Kelsey Canyon to Sierra Blanca Canyon Wash: a Recipe for Disaster

The Kelsey Canyon Corridor: Floodplain Challenges

Kelsey Canyon does not appear large where it crosses the Cascabel Road, but it drains part of the large grassland area called the Allen Flats, located beyond the Galiuros Western Range, at right on the map below:

As can be seen on the map above, it has cut a deep and narrow canyon through the Teran-Kelsey Escarpment after draining the extensive Allen Flats (far right), and in flood it can carry very massive loads of rock as well as water.

Many washes that cross the Cascabel Road in this area present serious danger to traffic during and after rainstorms. Below, after a storm in late July 2005, Kelsey Wash runs modestly.

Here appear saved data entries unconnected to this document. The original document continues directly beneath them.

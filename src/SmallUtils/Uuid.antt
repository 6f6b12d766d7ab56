-- ===== src/SmallUtils/Uuid.antt =====
-- `UUID::generate` of src/common/small_utils.cppm. The two distributions are parameters: the results of their calls, in
-- order.
use fast_db.Prelude.{
  ℕ, zero, suc, ◌+◌, ◌-◌, ◌≤◌, ◌<◌, Bool, true, false, [], ◌∷◌, ◌++◌, Bytes, codes, if◌then◌else◌,
  ltb, leb, ◌==◌, ◌&&◌, ◌||◌, replicate, ◌∙◌, ◌≡◌, ◌⊎◌, refl, arith,
}

-- `ss << n` with `std::hex`, of one digit.
abbrev pub hex_digit : ℕ → ℕ
hex_digit n = if ltb n 10 then b'0' + n else b'a' + (n - 10)

-- A loop of `count` calls of `dis`, whose results are those from `from` on.
unfoldable pub put_digits : (ℕ → ℕ) → ℕ → ℕ → Bytes
put_digits dis from zero = []
put_digits dis from (suc count) = hex_digit (dis from) ∷ put_digits dis (suc from) count

unfoldable pub generate : (ℕ → ℕ) → ℕ → Bytes
unfolding put_digits
generate dis dis2 =
    put_digits dis 0 8
    ++ (codes "-"
        ++ (put_digits dis 8 4
            ++ (codes "-4"
                ++ (put_digits dis 12 3
                    ++ (codes "-"
                        ++ (hex_digit dis2 ∷ put_digits dis 15 3
                            ++ (codes "-" ++ put_digits dis 18 12)))))))

-- A hexadecimal digit in lower case.
abbrev pub IsHex : ℕ → Type 0
IsHex c = ((b'0' ≤ c) × (c ≤ b'9')) ⊎ ((b'a' ≤ c) × (c ≤ b'f'))

hex_digit-IsHex : (n : ℕ) → n < 16 → IsHex (hex_digit n)
hex_digit-IsHex n h = ground arith

-- What stands for a letter of a pattern: `x` for a hexadecimal digit, `y` for one from 8 to b, any other byte for itself.
unfoldable pub fits : ℕ → ℕ → Bool
fits p c =
    let hex = (leb b'0' c && leb c b'9') || (leb b'a' c && leb c b'f') in
    if p == b'x' then hex else if p == b'y' then leb b'8' c && leb c b'b' && hex else p == c

unfoldable pub matches : Bytes → Bytes → Bool
matches [] [] = true
matches [] (c ∷ s) = false
matches (p ∷ pattern) [] = false
matches (p ∷ pattern) (c ∷ s) = fits p c && matches pattern s

matches-fitting :
    (p c : ℕ) (rest s : Bytes) → fits p c ≡ true → matches (p ∷ rest) (c ∷ s) ≡ matches rest s
unfolding matches
matches-fitting p c rest s h = rw h refl

dash : fits b'-' b'-' ≡ true
unfolding fits
dash = refl

four : fits b'4' b'4' ≡ true
unfolding fits
four = refl

matches-letter :
    (c : ℕ) (rest s : Bytes) → fits c c ≡ true → matches (c ∷ rest) (c ∷ s) ≡ matches rest s
matches-letter c = matches-fitting c c

module _ (dis : ℕ → ℕ) (bound : (i : ℕ) → dis i < 16) where
  matches-put_digits :
      (from count : ℕ) (rest s : Bytes)
      → matches (replicate count b'x' ++ rest) (put_digits dis from count ++ s) ≡ matches rest s
  unfolding matches put_digits
  matches-put_digits from zero rest s = refl
  matches-put_digits from (suc count) rest s =
      let digit : fits b'x' (hex_digit (dis from)) ≡ true =
        (unfold fits in ground (arith, bound from)) in
      rw digit (matches-put_digits (suc from) count rest s)

  matches-all : (from count : ℕ) → matches (replicate count b'x') (put_digits dis from count) ≡ true
  unfolding matches put_digits
  matches-all from zero = refl
  matches-all from (suc count) =
      let digit : fits b'x' (hex_digit (dis from)) ≡ true =
        (unfold fits in ground (arith, bound from)) in
      rw digit (matches-all (suc from) count)

  -- Whatever digits are drawn, below 16 and from 8 to 11 as the distributions promise, the text is a UUID of version 4: it
  -- fits the pattern xxxxxxxx-xxxx-4xxx-yxxx-xxxxxxxxxxxx.
  pub generate-matches :
      (dis2 : ℕ)
      → 8 ≤ dis2
      → dis2 ≤ 11
      → matches (codes "xxxxxxxx-xxxx-4xxx-yxxx-xxxxxxxxxxxx") (generate dis dis2) ≡ true
  unfolding generate
  generate-matches dis2 low high =
      let s5 : Bytes = put_digits dis 18 12 in
      let s4 : Bytes = put_digits dis 15 3 ++ (codes "-" ++ s5) in
      let s3 : Bytes = put_digits dis 12 3 ++ (codes "-" ++ (hex_digit dis2 ∷ s4)) in
      let s2 : Bytes = put_digits dis 8 4 ++ (codes "-4" ++ s3) in
      let variant : fits b'y' (hex_digit dis2) ≡ true =
        (unfold fits in ground (arith, low, high)) in
      matches-put_digits 0 8 (codes "-xxxx-4xxx-yxxx-xxxxxxxxxxxx") (codes "-" ++ s2)
      ∙ matches-letter b'-' (codes "xxxx-4xxx-yxxx-xxxxxxxxxxxx") s2 dash
      ∙ matches-put_digits 8 4 (codes "-4xxx-yxxx-xxxxxxxxxxxx") (codes "-4" ++ s3)
      ∙ matches-letter b'-' (codes "4xxx-yxxx-xxxxxxxxxxxx") (codes "4" ++ s3) dash
      ∙ matches-letter b'4' (codes "xxx-yxxx-xxxxxxxxxxxx") s3 four
      ∙ matches-put_digits 12 3 (codes "-yxxx-xxxxxxxxxxxx") (codes "-" ++ (hex_digit dis2 ∷ s4))
      ∙ matches-letter b'-' (codes "yxxx-xxxxxxxxxxxx") (hex_digit dis2 ∷ s4) dash
      ∙ matches-fitting b'y' (hex_digit dis2) (codes "xxx-xxxxxxxxxxxx") s4 variant
      ∙ matches-put_digits 15 3 (codes "-xxxxxxxxxxxx") (codes "-" ++ s5)
      ∙ matches-letter b'-' (codes "xxxxxxxxxxxx") s5 dash
      ∙ matches-all 18 12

In this example, careful examination indicated the Wash was safe to cross for the high-centered, 4wd vehicle parked here. However, the Kelsey Wash is notorious for carrying down substantial boulders when it runs more strongly than this, and becomes too dangerous to cross even at moderate depth. Usually the strong pulses are fairly brief, but from the perspective of long-term Cascabel residents they are also legendary. For a note alluding to the likely old-historical significance of this aspect of Kelsey Wash, see this side-page:

Side-page: An Ancient Native American Trail

If Alternative "K" opted for a roadway crossing the Kelsey wash here, it would not only have to be several times as wide as that shown here, it would also have to be built with sufficient elevation clearance and structural integrity to bridge the occasional but sometimes Lahar-like rock-and-water debris flows that rush through here. A system of massive pillars or something similar would be required. (And if the roadway sought to ride the uplands further east across the wash, another and considerably longer version of the "Grand Bridge" type would be required.)

The Teran Wash Corridor

Proceeding further north, the very broad (and, further upstream, multiply dissected) Teran Wash strikes into the river at Milepost 20.

Once again, note the severe restrictions for location of either of the two Alternatives "D" and "K" here. Some massive enlargement of Cascabel Road would seem to be the only realistic possibility here, though again one should not discount the possibility of serious planner-envisioned upland routing. And the Teran Wash is a large one: note how the inflowing wash has cut out the high cliffs evident at the lower-left (southwestern) bank of the San Pedro here (for a photo image of part of this cliff-face, see further below).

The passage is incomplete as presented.